◆ Task objective: Please transcribe exactly the lines from the one containing "abbrev disk_of : (ℕ → Option String) → Disk" through the end of the records below, both included, and nothing else.

◆ Given records:
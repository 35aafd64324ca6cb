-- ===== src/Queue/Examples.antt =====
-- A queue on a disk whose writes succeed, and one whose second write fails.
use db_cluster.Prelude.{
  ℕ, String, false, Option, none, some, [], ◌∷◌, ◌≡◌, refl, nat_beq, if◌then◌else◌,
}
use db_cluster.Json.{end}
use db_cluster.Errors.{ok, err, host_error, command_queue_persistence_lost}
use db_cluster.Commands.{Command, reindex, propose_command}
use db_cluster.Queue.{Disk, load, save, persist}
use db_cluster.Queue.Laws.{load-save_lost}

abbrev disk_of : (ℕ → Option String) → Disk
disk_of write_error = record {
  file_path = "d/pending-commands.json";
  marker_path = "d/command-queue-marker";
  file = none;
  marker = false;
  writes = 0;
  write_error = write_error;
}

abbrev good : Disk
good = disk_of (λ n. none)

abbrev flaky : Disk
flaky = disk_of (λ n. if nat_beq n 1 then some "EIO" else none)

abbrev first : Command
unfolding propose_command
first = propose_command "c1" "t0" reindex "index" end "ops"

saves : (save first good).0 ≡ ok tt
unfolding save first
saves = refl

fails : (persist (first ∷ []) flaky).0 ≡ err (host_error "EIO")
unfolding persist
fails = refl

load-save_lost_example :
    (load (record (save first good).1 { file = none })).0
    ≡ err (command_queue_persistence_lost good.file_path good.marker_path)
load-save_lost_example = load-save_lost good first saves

◆ Exercise response:
abbrev disk_of : (ℕ → Option String) → Disk
disk_of write_error = record {
  file_path = "d/pending-commands.json";
  marker_path = "d/command-queue-marker";
  file = none;
  marker = false;
  writes = 0;
  write_error = write_error;
}

abbrev good : Disk
good = disk_of (λ n. none)

abbrev flaky : Disk
flaky = disk_of (λ n. if nat_beq n 1 then some "EIO" else none)

abbrev first : Command
unfolding propose_command
first = propose_command "c1" "t0" reindex "index" end "ops"

saves : (save first good).0 ≡ ok tt
unfolding save first
saves = refl

fails : (persist (first ∷ []) flaky).0 ≡ err (host_error "EIO")
unfolding persist
fails = refl

load-save_lost_example :
    (load (record (save first good).1 { file = none })).0
    ≡ err (command_queue_persistence_lost good.file_path good.marker_path)
load-save_lost_example = load-save_lost good first saves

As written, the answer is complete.